[What to do]
Each entry below should be printed exactly as given.

= Beginning of Section =

-- ===== src/Services/Indexing/Changes.antt =====
-- What the actions of the worker do to the queue, as a relation between the jobs before and after,
-- and how they compose.
use rag_anotacoes_sdd.Prelude.{
  ◌≡◌, refl, sym, ap, ◌&&◌, ◌==◌, Option, List, Uuid, arith, Result, ok, err, Error,
}
use rag_anotacoes_sdd.Domain.Jobs.{IndexingJob}
use rag_anotacoes_sdd.Persistence.Tables.{
  NoteRecord, NoteChunkRecord, IndexingJobRecord, update_where,
}
use rag_anotacoes_sdd.Persistence.Transactions.{
  Db, Tx, lift, pure, gets, raise, is_owner, then_inversion, ◌>>=◌,
}
use rag_anotacoes_sdd.Persistence.Inserts.{write_note, write_job, insert_chunk}
use rag_anotacoes_sdd.Persistence.Notes.Lock.{write_note-ok}
use rag_anotacoes_sdd.Persistence.Jobs.{delete_chunks}
use rag_anotacoes_sdd.Persistence.Effects.{write_job-ok, insert_chunk-ok}

abbrev pub Relation : Type 1
Relation = List IndexingJobRecord → List IndexingJobRecord → Type 0

pub record IsPreorder (R : Relation) : Type 0 where
  pub same : (js : List IndexingJobRecord) → R js js
  pub both : (a b c : List IndexingJobRecord) → R a b → R b c → R a c

-- An action that ends without an exception leaves jobs that are related to those before.
pub record Changes (R : Relation) {A : Type 0} (m : Tx A) : Type 0 where
  pub run :
      (db : Db) {a : A} {db' : Db} → ◌≡◌ {A = Result A × Db} (m db) (ok a, db') → R db.jobs db'.jobs

-- A job that may be written over the rows that have its identifier.
abbrev pub Kept : Relation → IndexingJob → Type 0
Kept R job =
    (user : Option Uuid) (js : List IndexingJobRecord)
    → R js (update_where (λ k. k.id == job.id && is_owner user k.user_id) (λ _. job) js)

module _ (R : Relation) (order : IsPreorder R) where
  pub same-Changes :
      {A : Type 0} (m : Tx A)
      → ((db : Db) (a : A) (db' : Db)
          → ◌≡◌ {A = Result A × Db} (m db) (ok a, db')
          → db'.jobs ≡ db.jobs)
      → Changes R m
  same-Changes m f = record { run = λ db {a} {db'} h. rw (f db a db' h) (order.same db.jobs) }

  pub >>=-Changes :
      {A B : Type 0} (m : Tx A) (f : A → Tx B)
      → Changes R m
      → ((a : A) → Changes R (f a))
      → Changes R (m >>= f)
  >>=-Changes m f r s = record {
    run = λ db {a = b} {db'} h.
        let (a, middle, e, e') = then_inversion m f db h in
        order.both db.jobs middle.jobs db'.jobs (r.run db e) ((s a).run middle e');
  }

  pub pure-Changes : {A : Type 0} (a : A) → Changes R (pure a)
  pure-Changes a = same-Changes (pure a) (λ db a' db' h. ground arith)

  pub lift-Changes : {A : Type 0} (r : Result A) → Changes R (lift r)
  lift-Changes r = same-Changes (lift r) (λ db a' db' h. ground arith)

  pub raise-Changes : {A : Type 0} (e : Error) → Changes R (raise {A = A} e)
  raise-Changes e = same-Changes (raise e) (λ db a' db' h. ground arith)

  pub lift_then-Changes :
      {A B : Type 0} (r : Result A) (f : A → Tx B)
      → ((a : A) → r ≡ ok a → Changes R (f a))
      → Changes R (lift r >>= f)
  lift_then-Changes (ok a) f s = record { run = λ db h. (s a refl).run db h }
  lift_then-Changes (err e) f s = record { run = λ db h. (raise-Changes e).run db h }

  pub gets-Changes :
      {A B : Type 0} (g : Db → A) (f : A → Tx B)
      → ((a : A) → Changes R (f a))
      → Changes R (gets g >>= f)
  gets-Changes g f s = record { run = λ db h. (s (g db)).run db h }

  pub reads-Changes : {A : Type 0} (g : Db → A) → Changes R (gets g)
  reads-Changes g = same-Changes (gets g) (λ db a' db' h. ground arith)

  pub write_note-Changes : (r : NoteRecord) → Changes R (write_note r)
  write_note-Changes r = same-Changes (write_note r) (λ db a db' h. rw (write_note-ok r db h) refl)

  pub insert_chunk-Changes : (c : NoteChunkRecord) → Changes R (insert_chunk c)
  insert_chunk-Changes c =
      same-Changes (insert_chunk c) (λ db a db' h. rw (insert_chunk-ok c db h) refl)

  pub delete_chunks-Changes : (id : Uuid) → Changes R (delete_chunks id)
  unfolding delete_chunks
  delete_chunks-Changes id =
      same-Changes (delete_chunks id) (λ db a db' h. sym (ap (λ r. r.1.jobs) h))

  pub write_job-Changes : (j : IndexingJob) → Kept R j → Changes R (write_job j)
  write_job-Changes j kept = record {
    run = λ db h. rw (write_job-ok j db h) (kept db.current_user db.jobs);
  }

pub ruleset changes_rules = (
  pure-Changes, lift-Changes, raise-Changes, reads-Changes, write_note-Changes,
  insert_chunk-Changes, delete_chunks-Changes, >>=-Changes,
)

= End of Section =

[Solution for this exercise]
-- ===== src/Services/Indexing/Changes.antt =====
-- What the actions of the worker do to the queue, as a relation between the jobs before and after,
-- and how they compose.
use rag_anotacoes_sdd.Prelude.{
  ◌≡◌, refl, sym, ap, ◌&&◌, ◌==◌, Option, List, Uuid, arith, Result, ok, err, Error,
}
use rag_anotacoes_sdd.Domain.Jobs.{IndexingJob}
use rag_anotacoes_sdd.Persistence.Tables.{
  NoteRecord, NoteChunkRecord, IndexingJobRecord, update_where,
}
use rag_anotacoes_sdd.Persistence.Transactions.{
  Db, Tx, lift, pure, gets, raise, is_owner, then_inversion, ◌>>=◌,
}
use rag_anotacoes_sdd.Persistence.Inserts.{write_note, write_job, insert_chunk}
use rag_anotacoes_sdd.Persistence.Notes.Lock.{write_note-ok}
use rag_anotacoes_sdd.Persistence.Jobs.{delete_chunks}
use rag_anotacoes_sdd.Persistence.Effects.{write_job-ok, insert_chunk-ok}

abbrev pub Relation : Type 1
Relation = List IndexingJobRecord → List IndexingJobRecord → Type 0

pub record IsPreorder (R : Relation) : Type 0 where
  pub same : (js : List IndexingJobRecord) → R js js
  pub both : (a b c : List IndexingJobRecord) → R a b → R b c → R a c

-- An action that ends without an exception leaves jobs that are related to those before.
pub record Changes (R : Relation) {A : Type 0} (m : Tx A) : Type 0 where
  pub run :
      (db : Db) {a : A} {db' : Db} → ◌≡◌ {A = Result A × Db} (m db) (ok a, db') → R db.jobs db'.jobs

-- A job that may be written over the rows that have its identifier.
abbrev pub Kept : Relation → IndexingJob → Type 0
Kept R job =
    (user : Option Uuid) (js : List IndexingJobRecord)
    → R js (update_where (λ k. k.id == job.id && is_owner user k.user_id) (λ _. job) js)

module _ (R : Relation) (order : IsPreorder R) where
  pub same-Changes :
      {A : Type 0} (m : Tx A)
      → ((db : Db) (a : A) (db' : Db)
          → ◌≡◌ {A = Result A × Db} (m db) (ok a, db')
          → db'.jobs ≡ db.jobs)
      → Changes R m
  same-Changes m f = record { run = λ db {a} {db'} h. rw (f db a db' h) (order.same db.jobs) }

  pub >>=-Changes :
      {A B : Type 0} (m : Tx A) (f : A → Tx B)
      → Changes R m
      → ((a : A) → Changes R (f a))
      → Changes R (m >>= f)
  >>=-Changes m f r s = record {
    run = λ db {a = b} {db'} h.
        let (a, middle, e, e') = then_inversion m f db h in
        order.both db.jobs middle.jobs db'.jobs (r.run db e) ((s a).run middle e');
  }

  pub pure-Changes : {A : Type 0} (a : A) → Changes R (pure a)
  pure-Changes a = same-Changes (pure a) (λ db a' db' h. ground arith)

  pub lift-Changes : {A : Type 0} (r : Result A) → Changes R (lift r)
  lift-Changes r = same-Changes (lift r) (λ db a' db' h. ground arith)

  pub raise-Changes : {A : Type 0} (e : Error) → Changes R (raise {A = A} e)
  raise-Changes e = same-Changes (raise e) (λ db a' db' h. ground arith)

  pub lift_then-Changes :
      {A B : Type 0} (r : Result A) (f : A → Tx B)
      → ((a : A) → r ≡ ok a → Changes R (f a))
      → Changes R (lift r >>= f)
  lift_then-Changes (ok a) f s = record { run = λ db h. (s a refl).run db h }
  lift_then-Changes (err e) f s = record { run = λ db h. (raise-Changes e).run db h }

  pub gets-Changes :
      {A B : Type 0} (g : Db → A) (f : A → Tx B)
      → ((a : A) → Changes R (f a))
      → Changes R (gets g >>= f)
  gets-Changes g f s = record { run = λ db h. (s (g db)).run db h }

  pub reads-Changes : {A : Type 0} (g : Db → A) → Changes R (gets g)
  reads-Changes g = same-Changes (gets g) (λ db a' db' h. ground arith)

  pub write_note-Changes : (r : NoteRecord) → Changes R (write_note r)
  write_note-Changes r = same-Changes (write_note r) (λ db a db' h. rw (write_note-ok r db h) refl)

  pub insert_chunk-Changes : (c : NoteChunkRecord) → Changes R (insert_chunk c)
  insert_chunk-Changes c =
      same-Changes (insert_chunk c) (λ db a db' h. rw (insert_chunk-ok c db h) refl)

  pub delete_chunks-Changes : (id : Uuid) → Changes R (delete_chunks id)
  unfolding delete_chunks
  delete_chunks-Changes id =
      same-Changes (delete_chunks id) (λ db a db' h. sym (ap (λ r. r.1.jobs) h))

  pub write_job-Changes : (j : IndexingJob) → Kept R j → Changes R (write_job j)
  write_job-Changes j kept = record {
    run = λ db h. rw (write_job-ok j db h) (kept db.current_user db.jobs);
  }

pub ruleset changes_rules = (
  pure-Changes, lift-Changes, raise-Changes, reads-Changes, write_note-Changes,
  insert_chunk-Changes, delete_chunks-Changes, >>=-Changes,
)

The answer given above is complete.